§ Aim of the task: Write all of the lines below out again, exactly as they stand.

§ Records drawn from a dataset:
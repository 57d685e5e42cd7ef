-- ===== src/Api/Access/Sessions.antt =====
-- main.py: how long a token that `login` gave opens an account.
use evidencedesk.Prelude.{
  ℕ, ◌+◌, ◌*◌, ◌≤◌, ◌<◌, ◌≡◌, ◌↔◌, refl, ap, sym, ◌∙◌, arith, Text, Bool, true, false, Option, none,
  some, not, ◌||◌, leb, if◌then◌else◌, Option-cases, inl, inr,
}
use evidencedesk.Auth.{Role, same_role}
use evidencedesk.Security.{
  Claims, Codec, seconds, microseconds, checked, create_access_token, decode_access_token,
}
use evidencedesk.Db.{User, Desk}
use evidencedesk.Db.Table.{find}
use evidencedesk.Api.Responses.{Detail, Response, reply, refused}
use evidencedesk.Api.Access.{
  user_key, find_username, principal_of_user, confirmed, authenticated, current_user, login_user,
  login,
}

same_role_iff : (a b : Role) → (same_role a b ≡ true) ↔ (a ≡ b)
same_role_iff a b = ground arith

clash : false ≡ true → ⊥
clash e = cc

-- The row of the account is there, active, and still has the role.
abbrev pub IsOpen : User → Option User → Type 0
IsOpen user none = ⊥
IsOpen user (some row) = (row.is_active ≡ true) × (row.role ≡ user.role)

replied_text : (a b : Text) → reply 200 a ≡ reply 200 b → a ≡ b
replied_text a b e = cc

module _ (codec : Codec) (secret : Text) where
  module _ (issued : ℕ) where
    -- The user whose password was verified, and the token
    abbrev Opened : Text → ℕ → Text → Option User → Type 0
    Opened password minutes token none = ⊥
    Opened password minutes token (some user) =
        (user.is_active ≡ true)
        × (codec.verify_password password user.password_hash ≡ true)
        × (create_access_token codec (principal_of_user codec secret issued user) secret issued
              (minutes * 60 * microseconds)
            ≡ token)

    login_user-Opened :
        (password : Text) (minutes correlation_id : ℕ) (found : Option User) (desk : Desk)
        (token : Text)
        → (login_user codec secret issued password minutes correlation_id found desk).0
          ≡ reply 200 token
        → Opened password minutes token found
    login_user-Opened password minutes correlation_id none desk token e = cc
    login_user-Opened password minutes correlation_id (some user) desk token e =
        let (fine, answered) =
          let_in (not user.is_active || not (codec.verify_password password user.password_hash)) _ _
            token refl e in
        let (active, verified) = neither user.is_active _ fine in
        (active, verified, replied_text _ _ answered)
      where
        neither : (a b : Bool) → (not a || not b) ≡ false → (a ≡ true) × (b ≡ true)
        neither true true h = (refl, refl)
        neither true false h = cc
        neither false b h = cc

        let_in :
            (denied : Bool) (x y : Response Text × Desk) (given : Text)
            → x.0 ≡ refused 401 Detail.invalid_credentials
            → (if denied then x else y).0 ≡ reply 200 given
            → (denied ≡ false) × (y.0 ≡ reply 200 given)
        let_in true x y given r h = cc
        let_in false x y given r h = (refl, h)

  confirmed_iff :
      (later : ℕ) (user : User) (row : Option User)
      → (confirmed codec secret later (principal_of_user codec secret later user) row
          ≡ reply 200 (principal_of_user codec secret later user))
        ↔ IsOpen user row
  confirmed_iff later user none = (λ e. cc, λ h. elim h [ ])
  confirmed_iff later user (some row) =
      decided row.is_active (same_role row.role user.role) (same_role_iff row.role user.role)
    where
      decided :
          (active kept : Bool)
          → (kept ≡ true) ↔ (row.role ≡ user.role)
          → ((if not active || not kept
                then refused 401 Detail.invalid_token
                else reply 200 (principal_of_user codec secret later user))
              ≡ reply 200 (principal_of_user codec secret later user))
            ↔ ((active ≡ true) × (row.role ≡ user.role))
      decided true true same = (λ e. (refl, same.0 refl), λ h. refl)
      decided true false same = (λ e. cc, λ h. absurd (clash (same.1 h.1)))
      decided false kept same = (λ e. cc, λ h. absurd (clash h.0))

  timely_iff :
      (later : ℕ) (user : User) (after : Desk) (exp : ℕ) (expired : Bool)
      → (expired ≡ false) ↔ (seconds later < exp)
      → (authenticated codec secret later after
            (if expired then none else some (principal_of_user codec secret later user))
          ≡ reply 200 (principal_of_user codec secret later user))
        ↔ ((seconds later < exp) × IsOpen user (find user_key user.id after.users))
  timely_iff later user after exp true time = (λ e. cc, λ h. absurd (clash (sym (time.1 h.0))))
  timely_iff later user after exp false time =
      let shown = confirmed_iff later user (find user_key user.id after.users) in
      (λ e. (time.0 refl, shown.0 e), λ h. shown.1 h.1)

  -- A token of `login` is that of a user of this name whose password was verified. As long as PyJWT reads
  -- back what was signed, from the second of its issue on, the token opens the account at any later
  -- time and on any later desk exactly if it has not expired and the row of the user is there, active
  -- and of the same role as at the login.
  pub login_lasts :
      (issued later minutes correlation_id : ℕ) (username password token : Text) (desk after : Desk)
      → (login codec secret issued username password minutes correlation_id desk).0
        ≡ reply 200 token
      → ((claims : Claims) (clock : ℕ)
          → claims.iat ≤ seconds clock
          → codec.decode secret (codec.encode secret claims) clock ≡ some claims)
      → issued ≤ later
      → (user : User) × (find_username username desk.users ≡ some user)
        × (codec.verify_password password user.password_hash ≡ true)
        × ((current_user codec secret later (some token) after
              ≡ reply 200 (principal_of_user codec secret issued user))
            ↔ ((seconds later < seconds (issued + minutes * 60 * microseconds))
                × IsOpen user (find user_key user.id after.users)))
  unfolding login current_user decode_access_token create_access_token
  login_lasts issued later minutes correlation_id username password token desk after e reads more =
      elim (Option-cases (find_username username desk.users)) [
        | inl none_found ↦ absurd (cc (rw none_found at e))
        | inr (user, found) ↦
            let (active, verified, signed) =
              login_user-Opened issued password minutes correlation_id (some user) desk token (
                ap (λ o. (login_user codec secret issued password minutes correlation_id o desk).0)
                  (sym found)
                ∙ e) in
            let claims : Claims = record {
              sub = user.id;
              username = user.username;
              role = some user.role;
              iat = seconds issued;
              exp = seconds (issued + minutes * 60 * microseconds);
            } in
            let read =
              ap (λ s. codec.decode secret s later) (sym signed)
              ∙ reads claims later (omega arith) in
            let same =
              ap (λ o. authenticated codec secret later after (checked codec later o)) read in
            let timely =
              timely_iff later user after claims.exp (leb claims.exp (seconds later))
                (ground arith) in
            (user, found, verified, (λ h. timely.0 (sym same ∙ h), λ h. same ∙ timely.1 h))
      ]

§ Your response:
repository 57d685e5e42cd7ef
-- ===== src/Api/Access/Sessions.antt =====
-- main.py: how long a token that `login` gave opens an account.
use evidencedesk.Prelude.{
  ℕ, ◌+◌, ◌*◌, ◌≤◌, ◌<◌, ◌≡◌, ◌↔◌, refl, ap, sym, ◌∙◌, arith, Text, Bool, true, false, Option, none,
  some, not, ◌||◌, leb, if◌then◌else◌, Option-cases, inl, inr,
}
use evidencedesk.Auth.{Role, same_role}
use evidencedesk.Security.{
  Claims, Codec, seconds, microseconds, checked, create_access_token, decode_access_token,
}
use evidencedesk.Db.{User, Desk}
use evidencedesk.Db.Table.{find}
use evidencedesk.Api.Responses.{Detail, Response, reply, refused}
use evidencedesk.Api.Access.{
  user_key, find_username, principal_of_user, confirmed, authenticated, current_user, login_user,
  login,
}

same_role_iff : (a b : Role) → (same_role a b ≡ true) ↔ (a ≡ b)
same_role_iff a b = ground arith

clash : false ≡ true → ⊥
clash e = cc

-- The row of the account is there, active, and still has the role.
abbrev pub IsOpen : User → Option User → Type 0
IsOpen user none = ⊥
IsOpen user (some row) = (row.is_active ≡ true) × (row.role ≡ user.role)

replied_text : (a b : Text) → reply 200 a ≡ reply 200 b → a ≡ b
replied_text a b e = cc

module _ (codec : Codec) (secret : Text) where
  module _ (issued : ℕ) where
    -- The user whose password was verified, and the token
    abbrev Opened : Text → ℕ → Text → Option User → Type 0
    Opened password minutes token none = ⊥
    Opened password minutes token (some user) =
        (user.is_active ≡ true)
        × (codec.verify_password password user.password_hash ≡ true)
        × (create_access_token codec (principal_of_user codec secret issued user) secret issued
              (minutes * 60 * microseconds)
            ≡ token)

    login_user-Opened :
        (password : Text) (minutes correlation_id : ℕ) (found : Option User) (desk : Desk)
        (token : Text)
        → (login_user codec secret issued password minutes correlation_id found desk).0
          ≡ reply 200 token
        → Opened password minutes token found
    login_user-Opened password minutes correlation_id none desk token e = cc
    login_user-Opened password minutes correlation_id (some user) desk token e =
        let (fine, answered) =
          let_in (not user.is_active || not (codec.verify_password password user.password_hash)) _ _
            token refl e in
        let (active, verified) = neither user.is_active _ fine in
        (active, verified, replied_text _ _ answered)
      where
        neither : (a b : Bool) → (not a || not b) ≡ false → (a ≡ true) × (b ≡ true)
        neither true true h = (refl, refl)
        neither true false h = cc
        neither false b h = cc

        let_in :
            (denied : Bool) (x y : Response Text × Desk) (given : Text)
            → x.0 ≡ refused 401 Detail.invalid_credentials
            → (if denied then x else y).0 ≡ reply 200 given
            → (denied ≡ false) × (y.0 ≡ reply 200 given)
        let_in true x y given r h = cc
        let_in false x y given r h = (refl, h)

  confirmed_iff :
      (later : ℕ) (user : User) (row : Option User)
      → (confirmed codec secret later (principal_of_user codec secret later user) row
          ≡ reply 200 (principal_of_user codec secret later user))
        ↔ IsOpen user row
  confirmed_iff later user none = (λ e. cc, λ h. elim h [ ])
  confirmed_iff later user (some row) =
      decided row.is_active (same_role row.role user.role) (same_role_iff row.role user.role)
    where
      decided :
          (active kept : Bool)
          → (kept ≡ true) ↔ (row.role ≡ user.role)
          → ((if not active || not kept
                then refused 401 Detail.invalid_token
                else reply 200 (principal_of_user codec secret later user))
              ≡ reply 200 (principal_of_user codec secret later user))
            ↔ ((active ≡ true) × (row.role ≡ user.role))
      decided true true same = (λ e. (refl, same.0 refl), λ h. refl)
      decided true false same = (λ e. cc, λ h. absurd (clash (same.1 h.1)))
      decided false kept same = (λ e. cc, λ h. absurd (clash h.0))

  timely_iff :
      (later : ℕ) (user : User) (after : Desk) (exp : ℕ) (expired : Bool)
      → (expired ≡ false) ↔ (seconds later < exp)
      → (authenticated codec secret later after
            (if expired then none else some (principal_of_user codec secret later user))
          ≡ reply 200 (principal_of_user codec secret later user))
        ↔ ((seconds later < exp) × IsOpen user (find user_key user.id after.users))
  timely_iff later user after exp true time = (λ e. cc, λ h. absurd (clash (sym (time.1 h.0))))
  timely_iff later user after exp false time =
      let shown = confirmed_iff later user (find user_key user.id after.users) in
      (λ e. (time.0 refl, shown.0 e), λ h. shown.1 h.1)

  -- A token of `login` is that of a user of this name whose password was verified. As long as PyJWT reads
  -- back what was signed, from the second of its issue on, the token opens the account at any later
  -- time and on any later desk exactly if it has not expired and the row of the user is there, active
  -- and of the same role as at the login.
  pub login_lasts :
      (issued later minutes correlation_id : ℕ) (username password token : Text) (desk after : Desk)
      → (login codec secret issued username password minutes correlation_id desk).0
        ≡ reply 200 token
      → ((claims : Claims) (clock : ℕ)
          → claims.iat ≤ seconds clock
          → codec.decode secret (codec.encode secret claims) clock ≡ some claims)
      → issued ≤ later
      → (user : User) × (find_username username desk.users ≡ some user)
        × (codec.verify_password password user.password_hash ≡ true)
        × ((current_user codec secret later (some token) after
              ≡ reply 200 (principal_of_user codec secret issued user))
            ↔ ((seconds later < seconds (issued + minutes * 60 * microseconds))
                × IsOpen user (find user_key user.id after.users)))
  unfolding login current_user decode_access_token create_access_token
  login_lasts issued later minutes correlation_id username password token desk after e reads more =
      elim (Option-cases (find_username username desk.users)) [
        | inl none_found ↦ absurd (cc (rw none_found at e))
        | inr (user, found) ↦
            let (active, verified, signed) =
              login_user-Opened issued password minutes correlation_id (some user) desk token (
                ap (λ o. (login_user codec secret issued password minutes correlation_id o desk).0)
                  (sym found)
                ∙ e) in
            let claims : Claims = record {
              sub = user.id;
              username = user.username;
              role = some user.role;
              iat = seconds issued;
              exp = seconds (issued + minutes * 60 * microseconds);
            } in
            let read =
              ap (λ s. codec.decode secret s later) (sym signed)
              ∙ reads claims later (omega arith) in
            let same =
              ap (λ o. authenticated codec secret later after (checked codec later o)) read in
            let timely =
              timely_iff later user after claims.exp (leb claims.exp (seconds later))
                (ground arith) in
            (user, found, verified, (λ h. timely.0 (sym same ∙ h), λ h. same ∙ timely.1 h))
      ]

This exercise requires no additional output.